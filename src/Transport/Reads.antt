-- ===== src/Transport/Reads.antt =====
-- What the handlers of one task answer, by the outcomes of the service.
use golang_staterpack.Prelude.{
  String, Bool, true, false, ◌≡◌, refl, ap, ◌⊎◌, inl, inr, none, some, ok, err, Result-cases,
  Option-cases, Bool-cases, arith,
}
use golang_staterpack.Errors.{Error, not_found, invalid_input, is}
use golang_staterpack.Model.{Uuid, Task}
use golang_staterpack.Service.Defs.{TaskService, World, get, delete}
use golang_staterpack.Transport.Defs.{
  Request, Response, Content, error_handler, as_fiber, answer, get_task, delete_task, reply,
}

-- An error that is neither Fiber's nor one of an input.
pub record IsInternal (e : Error) : Type 0 where
  pub plain : as_fiber e ≡ none
  pub valid : is e invalid_input ≡ false

module _ (include_detail : Bool) (trace : String) where
  pub internal-status :
      (e : Error)
      → IsInternal e
      → (is e not_found ≡ true) × ((error_handler include_detail trace e).status ≡ 404)
        ⊎ (is e not_found ≡ false) × ((error_handler include_detail trace e).status ≡ 500)
  unfolding error_handler
  internal-status e i = elim (Bool-cases (is e not_found)) [
    | inl h ↦ inl (h, rw i.plain (rw h refl))
    | inr h ↦ inr (h, rw i.plain (rw (h, i.valid) refl))
  ]

  pub invalid_id-status :
      (text : String)
      → (error_handler include_detail trace (Error.fiber_error 400 text)).status ≡ 400
  unfolding error_handler
  invalid_id-status text = refl

  abbrev pub shown : {D C B : Type 0} → TaskService D C B → Request → World D C B → Response
  shown s q w = answer include_detail trace (get_task s q w).0

  abbrev pub removed : {D C B : Type 0} → TaskService D C B → Request → World D C B → Response
  removed s q w = answer include_detail trace (delete_task s q w).0

module _ {D C B : Type 0} (s : TaskService D C B) (q : Request) (w : World D C B) where
  pub get_task-invalid :
      s.encoding.uuids.parse q.id ≡ none
      → get_task s q w ≡ (err (Error.fiber_error 400 "invalid task id"), w)
  unfolding get_task
  get_task-invalid h = rw h refl

  pub get_task-ok :
      (i : Uuid) (t : Task)
      → s.encoding.uuids.parse q.id ≡ some i
      → (get s i w).0 ≡ ok t
      → get_task s q w ≡ (ok (reply 200 (Content.task t)), (get s i w).1)
  unfolding get_task
  get_task-ok i t h k = rw h (ground arith)

  pub get_task-err :
      (i : Uuid) (e : Error)
      → s.encoding.uuids.parse q.id ≡ some i
      → (get s i w).0 ≡ err e
      → get_task s q w ≡ (err e, (get s i w).1)
  unfolding get_task
  get_task-err i e h k = rw h (ground arith)

  pub delete_task-invalid :
      s.encoding.uuids.parse q.id ≡ none
      → delete_task s q w ≡ (err (Error.fiber_error 400 "invalid task id"), w)
  unfolding delete_task
  delete_task-invalid h = rw h refl

  pub delete_task-ok :
      (i : Uuid)
      → s.encoding.uuids.parse q.id ≡ some i
      → (delete s i w).0 ≡ ok tt
      → delete_task s q w ≡ (ok (reply 204 Content.empty), (delete s i w).1)
  unfolding delete_task
  delete_task-ok i h k = rw h (ground arith)

  pub delete_task-err :
      (i : Uuid) (e : Error)
      → s.encoding.uuids.parse q.id ≡ some i
      → (delete s i w).0 ≡ err e
      → delete_task s q w ≡ (err e, (delete s i w).1)
  unfolding delete_task
  delete_task-err i e h k = rw h (ground arith)

  pub get_task_world :
      (i : Uuid) → s.encoding.uuids.parse q.id ≡ some i → (get_task s q w).1 ≡ (get s i w).1
  get_task_world i h = elim (Result-cases (get s i w).0) [
    | inl (t, k) ↦ rw (get_task-ok i t h k) refl
    | inr (e, k) ↦ rw (get_task-err i e h k) refl
  ]

  -- A deletion that succeeds.
  pub delete_task_inv :
      (r : Response)
      → (delete_task s q w).0 ≡ ok r
      → (i : Uuid) × (s.encoding.uuids.parse q.id ≡ some i)
        × ((delete s i w).0 ≡ ok tt)
        × ((delete_task s q w).1 ≡ (delete s i w).1)
        × (r ≡ reply 204 Content.empty)
  delete_task_inv r h = elim (Option-cases (s.encoding.uuids.parse q.id)) [
    | inl e ↦ let run = ap (λ x. x.0) (delete_task-invalid e) in absurd (cc)
    | inr (i, e) ↦ elim (Result-cases (delete s i w).0) [
      | inl (tt, k) ↦
          let run = delete_task-ok i e k in
          (i, e, k, rw run refl, ground (arith, ap (λ x. x.0) run))
      | inr (x, k) ↦ let run = ap (λ x. x.0) (delete_task-err i x e k) in absurd (cc)
    ]
  ]
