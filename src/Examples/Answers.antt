-- ===== src/Examples/Answers.antt =====
-- When the calls of the examples succeed.
use idempotent_proxy.Prelude.{
  ℕ, ◌≡◌, ◌↔◌, ◌≤◌, ◌<◌, ◌⊎◌, inl, inr, String, none, some, List, Result, ok, Result-cases,
  Option-cases, arith,
}
use idempotent_proxy.Canister.Types.{HttpResponse}
use idempotent_proxy.Examples.JsonRpc.{RpcResponse, Json, Decoder, answer, rpc_call}
use idempotent_proxy.Examples.EthCanister.{System, RpcAgent, post_request, post}
use idempotent_proxy.Examples.Lite.{EthereumRpc, LiteSystem, lite_request, through_proxy, lite_call}

-- A reply of status 2xx with this body.
pub record IsReply {E : Type 0} (replied : Result HttpResponse E) (bytes : List ℕ) : Type 0 where
  pub res : HttpResponse
  pub arrived : replied ≡ ok res
  pub low : 200 ≤ res.status
  pub high : res.status < 300
  pub body : res.body ≡ bytes

module _ (json : Json) {T : Type 0} (decoder : Decoder json T) where
  -- A response has the value, or has neither a value nor an error where `null` decodes to the value.
  abbrev pub Holds : RpcResponse json.Value T → T → Type 0
  Holds output v =
      (output.error ≡ none)
      × ((output.result ≡ some v) ⊎ ((output.result ≡ none) × (decoder.from_null ≡ ok v)))

  -- The bytes that are `reached` from the encoded request decode to a response with the value.
  pub record IsAnswered (reached : List ℕ → List ℕ → Type 0) (method : String)
      (params : List json.Value) (v : T) : Type 0 where
    pub input : List ℕ
    pub encoded :
        json.to_vec (record { jsonrpc = "2.0"; method = method; params = params; id = 1 })
        ≡ ok input
    pub bytes : List ℕ
    pub sent : reached input bytes
    pub output : RpcResponse json.Value T
    pub decoded : decoder.from_slice bytes ≡ ok output
    pub value : Holds output v

  answer_iff :
      (output : RpcResponse json.Value T) (v : T)
      → (answer json decoder output ≡ ok v) ↔ Holds output v
  unfolding answer
  answer_iff output v = elim (Option-cases output.error) [
    | inl e ↦ elim (Option-cases output.result) [
      | inl r ↦ (λ h. (e, inr (r, ground (arith, e, r, h))), λ h. ground (arith, e, r, h))
      | inr (w, r) ↦ (λ h. (e, inl (ground (arith, e, r, h))), λ h. ground (arith, e, r, h))
    ]
    | inr (error, e) ↦ (
      λ h. absurd (elim (Result-cases (json.to_string error)) [
        | inl (t, shown) ↦ ground (arith, e, shown, h)
        | inr (t, shown) ↦ ground (arith, e, shown, h)
      ]),
      λ h. absurd (ground (arith, e, h.0)),
    )
  ]

  rpc_call_iff :
      (send : String → List ℕ → Result (List ℕ) String) (reached : List ℕ → List ℕ → Type 0)
      (key method : String) (params : List json.Value) (v : T)
      → ((input bytes : List ℕ) → (send key input ≡ ok bytes) ↔ reached input bytes)
      → (rpc_call json decoder send key method params ≡ ok v) ↔ IsAnswered reached method params v
  unfolding rpc_call
  rpc_call_iff send reached key method params v reaches = (
    λ h.
        elim (Result-cases
          (json.to_vec (record { jsonrpc = "2.0"; method = method; params = params; id = 1 }))) [
            | inr (e, encoded) ↦ absurd (ground (arith, encoded, h))
            | inl (input, encoded) ↦ elim (Result-cases (send key input)) [
              | inr (e, sent) ↦ absurd (ground (arith, encoded, sent, h))
              | inl (bytes, sent) ↦ elim (Result-cases (decoder.from_slice bytes)) [
                | inr (e, decoded) ↦ absurd (ground (arith, encoded, sent, decoded, h))
                | inl (output, decoded) ↦ record {
                  input = input;
                  encoded = encoded;
                  bytes = bytes;
                  sent = (reaches input bytes).0 sent;
                  output = output;
                  decoded = decoded;
                  value = (answer_iff output v).0 (ground (arith, encoded, sent, decoded, h));
                }
              ]
            ]
          ],
    λ a.
        let sent = (reaches a.input a.bytes).1 a.sent in
        rw (a.encoded, rpc_call) (rw sent (rw (a.decoded) ((answer_iff a.output v).1 a.value))),
  )

through_proxy_iff :
    (sys : LiteSystem) (rpc : EthereumRpc) (proxy_method key : String) (input bytes : List ℕ)
    → (through_proxy sys rpc proxy_method key input ≡ ok bytes)
      ↔ IsReply
          (sys.call_proxy rpc.proxy proxy_method (lite_request sys rpc key input) 1_000_000_000)
          bytes
unfolding through_proxy
through_proxy_iff sys rpc proxy_method key input bytes = (
  λ h. elim (Result-cases replied) [
    | inr (e, failed) ↦ absurd (ground (arith, failed, h))
    | inl (res, arrived) ↦ record {
      res = res;
      arrived = arrived;
      low = ground (arith, arrived, h);
      high = ground (arith, arrived, h);
      body = ground (arith, arrived, h);
    }
  ],
  λ r. ground (arith, r.arrived, r.low, r.high, r.body),
)
  where
    replied : Result HttpResponse (String × String)
    replied = sys.call_proxy rpc.proxy proxy_method (lite_request sys rpc key input) 1_000_000_000

post_iff :
    (sys : System) (a : RpcAgent) (key : String) (input bytes : List ℕ)
    → (post sys a key input ≡ ok bytes)
      ↔ IsReply (sys.http_request (post_request sys a key input) a.max_cycles) bytes
unfolding post
post_iff sys a key input bytes = (
  λ h. elim (Result-cases (sys.http_request (post_request sys a key input) a.max_cycles)) [
    | inr (e, failed) ↦ absurd (ground (arith, failed, h))
    | inl (res, arrived) ↦ record {
      res = res;
      arrived = arrived;
      low = ground (arith, arrived, h);
      high = ground (arith, arrived, h);
      body = ground (arith, arrived, h);
    }
  ],
  λ r. ground (arith, r.arrived, r.low, r.high, r.body),
)

-- A JSON-RPC call of either example succeeds with a value exactly if its request is encoded, the
-- other side (the proxy by an outcall, or the canister of the proxy) replies to it with a status
-- from 200 to 299, and the reply's body decodes to a response with no error and this value, or with
-- neither where `null` decodes to the value. Every other call is an error.
pub calls_iff :
    (json : Json) {T : Type 0} (decoder : Decoder json T) (sys : System) (a : RpcAgent)
    (lite : LiteSystem) (rpc : EthereumRpc) (proxy_method key method : String)
    (params : List json.Value) (v : T)
    → ((rpc_call json decoder (post sys a) key method params ≡ ok v)
        ↔ IsAnswered json decoder
            (λ input bytes.
              IsReply (sys.http_request (post_request sys a key input) a.max_cycles) bytes)
            method
            params
            v)
      × ((lite_call lite json decoder rpc proxy_method key method params ≡ ok v)
          ↔ IsAnswered json decoder
              (λ input bytes.
                IsReply
                  (lite.call_proxy rpc.proxy proxy_method
                    (lite_request lite rpc key input)
                    1_000_000_000)
                  bytes)
              method
              params
              v)
unfolding lite_call
calls_iff json decoder sys a lite rpc proxy_method key method params v = (
  rpc_call_iff json decoder (post sys a) _ key method params v (post_iff sys a key),
  rpc_call_iff json decoder (through_proxy lite rpc proxy_method) _ key method params v
      (through_proxy_iff lite rpc proxy_method key),
)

Aim of the exercise:
An answer is complete only when it holds every line above containing the string "IsInternal".

Answer to this exercise:
pub record IsInternal (e : Error) : Type 0 where
      → IsInternal e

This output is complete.